— How to complete this task —
If a line in the entries contains the string "cons", include that line in your answer.

Data items:
● ● ● ● ●

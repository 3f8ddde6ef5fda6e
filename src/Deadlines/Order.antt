-- ===== src/Deadlines/Order.antt =====
-- The page that `due` returns: the earliest of the deadlines that are due, in order.
use mathlib.Core.List.{Perm, filter}
use mathlib.Core.List.Perm
use ddd_kit_ts.Base.{
  ℕ, zero, suc, ◌<◌, ◌≤◌, ◌≡◌, ◌⊎◌, inl, inr, refl, true, false, List, [], ◌∷◌, map, take, arith,
  All, dec_le, ok, Bool-cases,
}
use ddd_kit_ts.Base.JsMap
use ddd_kit_ts.Base.JsNumber.{JsNumber}
use ddd_kit_ts.Deadlines.{
  StoredDeadline, InMemoryDeadlineStore, to_record, due_now, before_or_same, insert_by, sort_by,
  due,
}

module _ {P : Type 0} where
  -- Earlier due, or due at the same time and scheduled no later.
  abbrev pub Before : StoredDeadline P → StoredDeadline P → Type 0
  Before a b = (a.due_at < b.due_at) ⊎ (a.due_at ≡ b.due_at) × (a.sequence ≤ b.sequence)

  -- Each deadline comes before all that follow it.
  abbrev pub IsSorted : List (StoredDeadline P) → Type 0
  IsSorted [] = Unit
  IsSorted (d ∷ ds) = All (Before d) ds × IsSorted ds

  before_or_same-Before : (a b : StoredDeadline P) → before_or_same a b ≡ true → Before a b
  unfolding before_or_same
  before_or_same-Before a b h = ground arith

  not-before_or_same : (a b : StoredDeadline P) → before_or_same a b ≡ false → Before b a
  unfolding before_or_same
  not-before_or_same a b h = ground arith

  Before-trans : (a b c : StoredDeadline P) → Before a b → Before b c → Before a c
  Before-trans a b c h k = ground arith

  All-Before :
      (a b : StoredDeadline P) (ds : List (StoredDeadline P))
      → Before a b
      → All (Before b) ds
      → All (Before a) ds
  All-Before a b [] h k = tt
  All-Before a b (d ∷ ds) h k = (Before-trans a b d h k.0, All-Before a b ds h k.1)

  All-insert_by :
      (a x : StoredDeadline P) (ds : List (StoredDeadline P))
      → Before a x
      → All (Before a) ds
      → All (Before a) (insert_by before_or_same x ds)
  unfolding insert_by
  All-insert_by a x [] h k = (h, tt)
  All-insert_by a x (d ∷ ds) h k = elim (Bool-cases (before_or_same x d)) [
    | inl front ↦ rw front (h, k)
    | inr later ↦ rw later (k.0, All-insert_by a x ds h k.1)
  ]

  insert_by-IsSorted :
      (x : StoredDeadline P) (ds : List (StoredDeadline P))
      → IsSorted ds
      → IsSorted (insert_by before_or_same x ds)
  unfolding insert_by
  insert_by-IsSorted x [] h = (tt, tt)
  insert_by-IsSorted x (d ∷ ds) h = elim (Bool-cases (before_or_same x d)) [
    | inl front ↦
        let b : Before x d = before_or_same-Before x d front in
        rw front ((b, All-Before x d ds b h.0), h)
    | inr later ↦
        rw later
          (All-insert_by d x ds (not-before_or_same x d later) h.0, insert_by-IsSorted x ds h.1)
  ]

  sort_by-IsSorted : (ds : List (StoredDeadline P)) → IsSorted (sort_by before_or_same ds)
  unfolding sort_by
  sort_by-IsSorted [] = tt
  sort_by-IsSorted (d ∷ ds) = insert_by-IsSorted d (sort_by before_or_same ds) (sort_by-IsSorted ds)

  insert_by-perm :
      (x : StoredDeadline P) (ds : List (StoredDeadline P))
      → Perm (insert_by before_or_same x ds) (x ∷ ds)
  unfolding insert_by
  insert_by-perm x [] = Perm.refl (x ∷ [])
  insert_by-perm x (d ∷ ds) = elim (Bool-cases (before_or_same x d)) [
    | inl front ↦ rw front (Perm.refl (x ∷ d ∷ ds))
    | inr later ↦ rw later (Perm.trans (Perm.cons d (insert_by-perm x ds)) (Perm.swap x d ds))
  ]

  sort_by-perm : (ds : List (StoredDeadline P)) → Perm (sort_by before_or_same ds) ds
  unfolding sort_by
  sort_by-perm [] = Perm.refl []
  sort_by-perm (d ∷ ds) =
      Perm.trans (insert_by-perm d (sort_by before_or_same ds)) (Perm.cons d (sort_by-perm ds))

  due_now-filter :
      (now : ℕ) (ds : List (StoredDeadline P))
      → due_now now ds ≡ filter (λ d. dec_le d.due_at now) ds
  unfolding due_now
  due_now-filter now [] = refl
  due_now-filter now (d ∷ ds) = ground (arith, due_now-filter now ds)

  -- A page is the first `limit` of a sorted list of exactly the pending deadlines that are due: no
  -- due deadline is passed over by one that is due later, and none is left out or given twice.
  pub due_page :
      (s : InMemoryDeadlineStore P) (now limit : ℕ)
      → (all : List (StoredDeadline P)) × (due s now (JsNumber.int limit)
          ≡ ok (map to_record (take limit all)))
        × Perm all (filter (λ d. dec_le d.due_at now) (JsMap.values s.pending))
        × IsSorted all
  unfolding due
  due_page s now limit = (
    sort_by before_or_same (due_now now (JsMap.values s.pending)),
    page limit,
    rw (← due_now-filter now (JsMap.values s.pending))
        (sort_by-perm (due_now now (JsMap.values s.pending))),
    sort_by-IsSorted (due_now now (JsMap.values s.pending)),
  )
    where
      page :
          (n : ℕ)
          → due s now (JsNumber.int n)
            ≡ ok (
                map to_record
                  (take n (sort_by before_or_same (due_now now (JsMap.values s.pending)))))
      page zero = refl
      page (suc n) = ground arith
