-- ===== src/Deadlines/Reachable.antt =====
-- Sequences of calls on a deadline store.
use mathlib.Core.Path.{subst}
use ddd_kit_ts.Base.{
  ℕ, ◌<◌, ◌≡◌, Option, Bool, List, [], ◌∷◌, arith, ok, ◌>>=◌, get_or, bind_ok, ok-inj,
}
use ddd_kit_ts.Base.Capacity.{Within-zero}
use ddd_kit_ts.Base.JsNumber.{JsNumber, assert_optional_limit, assert_positive_integer}
use ddd_kit_ts.Base.JsString.{JsString}
use ddd_kit_ts.Deadlines.{
  invalid_option, InMemoryDeadlineStore, new, schedule, cancel, mark_delivered, mark_failed,
}
use ddd_kit_ts.Deadlines.Invariant.{IsValid}
use ddd_kit_ts.Deadlines.Preservation.{
  schedule-IsValid, cancel-IsValid, mark_delivered-IsValid, mark_failed-IsValid,
}

-- The calls that change a store.
pub data Call (P : Type 0) : Type 0 where
  schedule_call : (scope key : JsString) → ℕ → P → Call P
  cancel_call : (scope key : JsString) → Call P
  mark_delivered_call : List JsString → Call P
  mark_failed_call : JsString → Option JsString → Call P

module _ {P : Type 0} (cloneable : P → Bool) where
  unfoldable pub run : Call P → InMemoryDeadlineStore P → InMemoryDeadlineStore P
  unfolding schedule cancel mark_delivered mark_failed
  run (schedule_call scope key due_at payload) s = (schedule cloneable s scope key due_at payload).1
  run (cancel_call scope key) s = cancel s scope key
  run (mark_delivered_call ids) s = mark_delivered s ids
  run (mark_failed_call id error) s = (mark_failed s id error).1

  unfoldable pub run_all : List (Call P) → InMemoryDeadlineStore P → InMemoryDeadlineStore P
  unfolding run
  run_all [] s = s
  run_all (c ∷ cs) s = run_all cs (run c s)

  run-IsValid : (c : Call P) (s : InMemoryDeadlineStore P) → IsValid s → IsValid (run c s)
  unfolding run
  run-IsValid (schedule_call scope key due_at payload) s v =
      schedule-IsValid cloneable s scope key due_at payload v
  run-IsValid (cancel_call scope key) s v = cancel-IsValid s scope key v
  run-IsValid (mark_delivered_call ids) s v = mark_delivered-IsValid s ids v
  run-IsValid (mark_failed_call id error) s v = mark_failed-IsValid s id error v

  run_all-IsValid :
      (cs : List (Call P)) (s : InMemoryDeadlineStore P) → IsValid s → IsValid (run_all cs s)
  unfolding run_all
  run_all-IsValid [] s v = v
  run_all-IsValid (c ∷ cs) s v = run_all-IsValid cs (run c s) (run-IsValid c s v)

  -- A store without records.
  abbrev start : ℕ → Option ℕ → InMemoryDeadlineStore P
  start max limit = record {
    pending = [];
    dead = [];
    max_delivery_attempts = max;
    max_records = limit;
    next_sequence = 0;
  }

  assert_positive_integer-pos :
      (n : JsNumber) (max : ℕ) → assert_positive_integer invalid_option n ≡ ok max → 0 < max
  unfolding assert_positive_integer
  assert_positive_integer-pos (JsNumber.int n) max h = ground arith
  assert_positive_integer-pos n max h = absurd (ground arith)

  start-IsValid : (max : ℕ) (limit : Option ℕ) → 0 < max → IsValid (start max limit)
  start-IsValid max limit h = record {
    pending_map = tt;
    dead_map = tt;
    some_attempt = h;
    bounded = Within-zero limit;
    known = λ k d at. absurd (cc);
    distinct = λ k k' d d' at at' e. absurd (cc);
  }

  new-IsValid :
      (max limit : Option JsNumber) (s : InMemoryDeadlineStore P) → new max limit ≡ ok s → IsValid s
  unfolding new
  new-IsValid max limit s h =
      let asked : JsNumber = get_or max (JsNumber.int 5) in
      let (m, top, h1) =
        bind_ok (assert_positive_integer invalid_option asked)
          (λ m. assert_optional_limit invalid_option limit >>= (λ l. ok (start m l))) s h in
      let (l, bound, h2) =
        bind_ok (assert_optional_limit invalid_option limit) (λ l. ok (start m l)) s h1 in
      subst IsValid (ok-inj (start m l) s h2)
        (start-IsValid m l (assert_positive_integer-pos asked m top))

  -- Whatever calls are made on a new store, in whatever order, the invariant holds afterwards.
  pub reachable-IsValid :
      (max limit : Option JsNumber) (cs : List (Call P)) (s : InMemoryDeadlineStore P)
      → new max limit ≡ ok s
      → IsValid (run_all cs s)
  reachable-IsValid max limit cs s h = run_all-IsValid cs s (new-IsValid max limit s h)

● ● ● ● ●

— Solution to the problem —
    | inr later ↦ rw later (Perm.trans (Perm.cons d (insert_by-perm x ds)) (Perm.swap x d ds))
      Perm.trans (insert_by-perm d (sort_by before_or_same ds)) (Perm.cons d (sort_by-perm ds))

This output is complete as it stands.